Cylindrical Roller Gate Fluid Pressure Problem

Problem Statement

Given Data

Diameter of Gate, $ D = 4.0 \, \text{m} $
Radius of Gate, $ R = D/2 = 2.0 \, \text{m} $
Length of Gate, $ l = 8 \, \text{m} $
Density of Water, $ \rho = 1000 \, \text{kg/m}^3 $
Acceleration due to Gravity, $ g = 9.81 \, \text{m/s}^2 $

Diagram of Roller Gate

The cylindrical roller gate ACB submerged in water, with water at the spill level.

Solution

To find the resultant force on the curved gate, we calculate its horizontal and vertical components separately.

1. Horizontal Force ($F_x$)

The horizontal force is the total pressure on the projected area of the curved surface onto a vertical plane. The projected area (AOB) is a rectangle with height equal to the diameter and width equal to the gate length.

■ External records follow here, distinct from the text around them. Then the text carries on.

-- ===== src/Conversation/Persistence.antt =====
-- Loading and storing conversations, of crates/node/src/conversation.rs.
use n3ur0n.Storage.Conversations
use n3ur0n.Storage.Table
use mathlib.Core.Path.{subst}
use n3ur0n.Prelude.{
  Bool-cases, get_last?, get_last?-append, ok, err, is_ok, ℕ, ◌+◌, ◌*◌, String, ◌≡◌, refl, ap, ◌∙◌,
  ◌⊎◌, inl, inr, Bool, true, false, Option, none, some, List, [], ◌∷◌, ◌++◌, arith, ◌==◌, eq_iff,
}
use n3ur0n.Conversation.{
  ConversationResult, Turn, user, assistant, tool_call, tool_result, system, ConversationState,
  push, push_tool_result, restarted, repaired, validate,
}
use n3ur0n.Conversation.Stored.{
  Codec, read_rows, loaded, load_rows, load_owned, load, lifted, ToolPair, call_turn, result_turn,
  call_seq, pair_rows, persist_rows, persist_tool_pair_at,
}
use n3ur0n.Handler.Outcomes.{answered}
use n3ur0n.Plan.Frontier.{after}
use n3ur0n.Storage.{StorageResult, Fault, query}
use n3ur0n.Storage.Conversations.{ConversationRecord, TurnRecord, Threads, thread_key}
use n3ur0n.Storage.Conversations.Ledger.{append_turns_atomic}

abbrev pub is_call : Option Turn → Bool
is_call (some (tool_call id peer_id capability args ts)) = true
is_call (some (user said atts ts)) = false
is_call (some _) = false
is_call none = false

repaired-is_call :
    (state : ConversationState) (now : ℕ) (t : Option Turn)
    → get_last? state.turns ≡ t
    → is_call (get_last? (repaired state now t).turns) ≡ false
unfolding push_tool_result push
repaired-is_call state now none e = ap is_call e
repaired-is_call state now (some (user said atts ts)) e = ap is_call e
repaired-is_call state now (some (assistant said model ts)) e = ap is_call e
repaired-is_call state now (some (tool_call id peer_id capability args ts)) e =
    ap is_call
      (get_last?-append state.turns (tool_result id peer_id capability none (some restarted) now))
repaired-is_call state now (some (tool_result call_id peer_id capability result r ts)) e =
    ap is_call e
repaired-is_call state now (some (system said ts)) e = ap is_call e

-- No conversation ends in a call without its result once it is validated.
pub validate-is_call :
    (state : ConversationState) (now : ℕ) → is_call (get_last? (validate state now).turns) ≡ false
unfolding validate
validate-is_call state now = repaired-is_call state now (get_last? state.turns) refl

loaded_sound :
    (r : ConversationRecord) (now : ℕ) (read : ConversationResult (List Turn × ℕ))
    (state : ConversationState)
    → loaded r now read ≡ ok state
    → is_call (get_last? state.turns) ≡ false
loaded_sound r now (err e) state h = absurd (ground (arith, h))
loaded_sound r now (ok (turns, seqs)) state h =
    subst (λ (s : ConversationState). is_call (get_last? s.turns) ≡ false) (unwrapped h)
      (validate-is_call _ now)
  where
    unwrapped :
        {a b : ConversationState}
        → ◌≡◌ {A = ConversationResult ConversationState} (ok a) (ok b)
        → a ≡ b
    unwrapped e = cc e

load_rows_sound :
    (codec : Codec) (r : ConversationRecord) (now : ℕ) (rows : StorageResult (List TurnRecord))
    (state : ConversationState)
    → load_rows codec r now rows ≡ ok state
    → is_call (get_last? state.turns) ≡ false
load_rows_sound codec r now (err e) state h = absurd (ground (arith, h))
load_rows_sound codec r now (ok rows) state h = loaded_sound r now (read_rows codec rows) state h

load_owned_sound :
    (codec : Codec) (fault : Fault) (db : Threads) (id client_id : String) (now : ℕ)
    (header : StorageResult (Option ConversationRecord)) (state : ConversationState)
    → load_owned codec fault db id client_id now header ≡ ok state
    → ((r : ConversationRecord) × (header ≡ ok (some r)) × (r.client_id ≡ client_id))
      × (is_call (get_last? state.turns) ≡ false)
load_owned_sound codec fault db id client_id now (err e) state h = absurd (ground (arith, h))
load_owned_sound codec fault db id client_id now (ok none) state h = absurd (ground (arith, h))
load_owned_sound codec fault db id client_id now (ok (some r)) state h =
    elim (Bool-cases (r.client_id == client_id)) [
      | inl own ↦ (
        (r, refl, (eq_iff r.client_id client_id).0 own),
        load_rows_sound codec r now (Conversations.load_turns fault db id) state
            (ground (arith, own, h)),
      )
      | inr other ↦ absurd (ground (arith, other, h))
    ]

query_found :
    (fault : Fault) (found : Option ConversationRecord) (r : ConversationRecord)
    → query fault found ≡ ok (some r)
    → found ≡ some r
query_found none found r h = cc h
query_found (some e) found r h = absurd (ground (arith, h))

-- A conversation is loaded only for the client whose it is, and then it does not end in a call without
-- its result.
pub load_sound :
    (codec : Codec) (header rows : Fault) (db : Threads) (id client_id : String) (now : ℕ)
    (state : ConversationState)
    → load codec header rows db id client_id now ≡ ok state
    → ((r : ConversationRecord) × (Table.find thread_key db.conversations id ≡ some r)
        × (r.client_id ≡ client_id))
      × (is_call (get_last? state.turns) ≡ false)
unfolding load Conversations.get
load_sound codec header rows db id client_id now state h =
    let (owner, last) =
      load_owned_sound codec rows db id client_id now (Conversations.get header db id) state h in
    (
      (
        owner.0,
        query_found header (Table.find thread_key db.conversations id) owner.0 owner.1,
        owner.2,
      ),
      last,
    )

lifted-cases :
    (out : StorageResult Unit × Threads) (db : Threads) (ts : List TurnRecord)
    → ((out.0 ≡ ok tt) × (out.1.turns ≡ db.turns ++ ts)) ⊎ ((is_ok out.0 ≡ false) × (out.1 ≡ db))
    → (((lifted out).0 ≡ ok tt) × ((lifted out).1.turns ≡ db.turns ++ ts))
      ⊎ ((is_ok (lifted out).0 ≡ false) × ((lifted out).1 ≡ db))
lifted-cases (ok u, after) db ts (inl h) = inl (refl, h.1)
lifted-cases (ok u, after) db ts (inr h) = absurd (ground (arith, h.0))
lifted-cases (err e, after) db ts (inl h) = absurd (ground (arith, h.0))
lifted-cases (err e, after) db ts (inr h) = inr (refl, h.1)

persist_rows-cases :
    (fault : Fault) (db : Threads) (id : String) (seq : ℕ) (p : ToolPair) (at : ℕ)
    (call result : Option String)
    → ((c r : String) × (call ≡ some c)
        × (result ≡ some r)
        × ((persist_rows fault db id seq p at call result).0 ≡ ok tt)
        × ((persist_rows fault db id seq p at call result).1.turns
            ≡ db.turns ++ pair_rows id seq p at c r))
      ⊎ ((is_ok (persist_rows fault db id seq p at call result).0 ≡ false)
          × ((persist_rows fault db id seq p at call result).1 ≡ db))
persist_rows-cases fault db id seq p at none result = inr (refl, refl)
persist_rows-cases fault db id seq p at (some call) none = inr (refl, refl)
persist_rows-cases fault db id seq p at (some call) (some result) =
    elim (lifted-cases (Conversations.append_turns fault db (pair_rows id seq p at call result) at)
      db (pair_rows id seq p at call result)
      (append_turns_atomic fault db (pair_rows id seq p at call result) at)) [
        | inl h ↦ inl (call, result, refl, refl, h.0, h.1)
        | inr h ↦ inr h
      ]

-- What a step leaves is stored as two rows, or not at all, and then nothing changes. The rows hold what
-- the codec writes for the call of the step and for its result, and stand at the two numbers that are
-- reserved for the place of the step in the plan.
pub persist_tool_pair_at_atomic :
    (codec : Codec) (fault : Fault) (db : Threads) (id : String) (base_seq plan_index : ℕ)
    (p : ToolPair) (at : ℕ)
    → let out = persist_tool_pair_at codec fault db id base_seq plan_index p at in
      ((c r : String) × (codec.write (tool_call p.call_id p.peer_id p.capability p.args at)
          ≡ some c)
        × (codec.write (tool_result p.call_id p.peer_id p.capability p.result p.error at) ≡ some r)
        × (out.0 ≡ ok tt)
        × (out.1.turns
            ≡ db.turns
              ++ record {
                conversation_id = id;
                seq = base_seq + 1 + 2 * plan_index;
                role = "tool_call";
                payload = c;
                created_at = at;
              }
                ∷ record {
                  conversation_id = id;
                  seq = base_seq + 2 + 2 * plan_index;
                  role = "tool_result";
                  payload = r;
                  created_at = at;
                }
                ∷ []))
      ⊎ ((is_ok out.0 ≡ false) × (out.1 ≡ db))
unfolding persist_tool_pair_at
persist_tool_pair_at_atomic codec fault db id base_seq plan_index p at =
    elim (persist_rows-cases fault db id (call_seq base_seq plan_index) p at
      (codec.write (call_turn p at)) (codec.write (result_turn p at))) [
        | inr nothing ↦ inr nothing
        | inl (c, r, wrote, answered, done, turns) ↦ inl (
          c,
          r,
          wrote,
          answered,
          done,
          turns ∙ ap (λ (n : ℕ). db.turns ++ pair_at c r n) (omega arith),
        )
      ]
  where
    pair_at : String → String → ℕ → List TurnRecord
    pair_at c r second =
        record {
          conversation_id = id;
          seq = base_seq + 1 + 2 * plan_index;
          role = "tool_call";
          payload = c;
          created_at = at;
        }
        ∷ record {
          conversation_id = id;
          seq = second;
          role = "tool_result";
          payload = r;
          created_at = at;
        }
        ∷ []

$$ A_{proj} = \text{Diameter} \times \text{Length} = 4 \, \text{m} \times 8 \, \text{m} = 32 \, \text{m}^2 $$

The depth of the centroid of this projected area from the free surface is:

$$ \bar{h} = \frac{\text{Diameter}}{2} = \frac{4}{2} = 2 \, \text{m} $$

The horizontal force is calculated as:

$$ F_x = \rho g A_{proj} \bar{h} $$ $$ F_x = 1000 \times 9.81 \times 32 \times 2 $$ $$ F_x = 627840 \, \text{N} $$

2. Vertical Force ($F_y$)

The vertical force is equal to the weight of the water supported by the curved surface ACB. This volume is a semi-cylinder.

The volume of water supported by the gate per unit length is:

$$ \text{Volume (V)} = (\text{Area of semi-circle ACB}) \times \text{Length} $$ $$ V = \left( \frac{\pi R^2}{2} \right) \times l $$ $$ V = \frac{\pi (2)^2}{2} \times 8 = 16\pi \approx 50.265 \, \text{m}^3 $$

The vertical force is the weight of this volume:

$$ F_y = \rho g V $$ $$ F_y = 1000 \times 9.81 \times 16\pi $$ $$ F_y \approx 493104 \, \text{N} $$

3. Resultant Force ($F$)

The resultant force is the vector sum of the horizontal and vertical components.

$$ F = \sqrt{F_x^2 + F_y^2} $$ $$ F = \sqrt{(627840)^2 + (493104)^2} $$ $$ F = \sqrt{3.94 \times 10^{11} + 2.43 \times 10^{11}} $$ $$ F = \sqrt{6.37 \times 10^{11}} $$ $$ F \approx 798328 \, \text{N} $$

4. Angle of Action ($\theta$)

The angle the resultant force makes with the horizontal is found using trigonometry.

$$ \tan \theta = \frac{F_y}{F_x} $$ $$ \tan \theta = \frac{493104}{627840} \approx 0.7853 $$ $$ \theta = \tan^{-1}(0.7853) $$ $$ \theta \approx 38.14^\circ $$

Final Result:

The resultant force is $ F \approx 798328 \, \text{N} $ or $ 798.33 \, \text{kN} $.

The angle of action with the horizontal is $ \theta \approx 38.14^\circ $.

Explanation of Concepts

Horizontal Force on Curved Surface: The horizontal component of the hydrostatic force on any curved surface is always equal to the force on the vertical projection of that surface. This allows us to simplify the problem by analyzing a simple flat plate.

Vertical Force on Curved Surface: The vertical component is equal to the weight of the fluid volume directly above (or supported by) the curved surface, extending up to the free surface. This force acts through the centroid (center of gravity) of that fluid volume.

Resultant Force: Since the horizontal and vertical forces are perpendicular, the total resultant force can be found using the Pythagorean theorem, and its direction can be determined with basic trigonometry.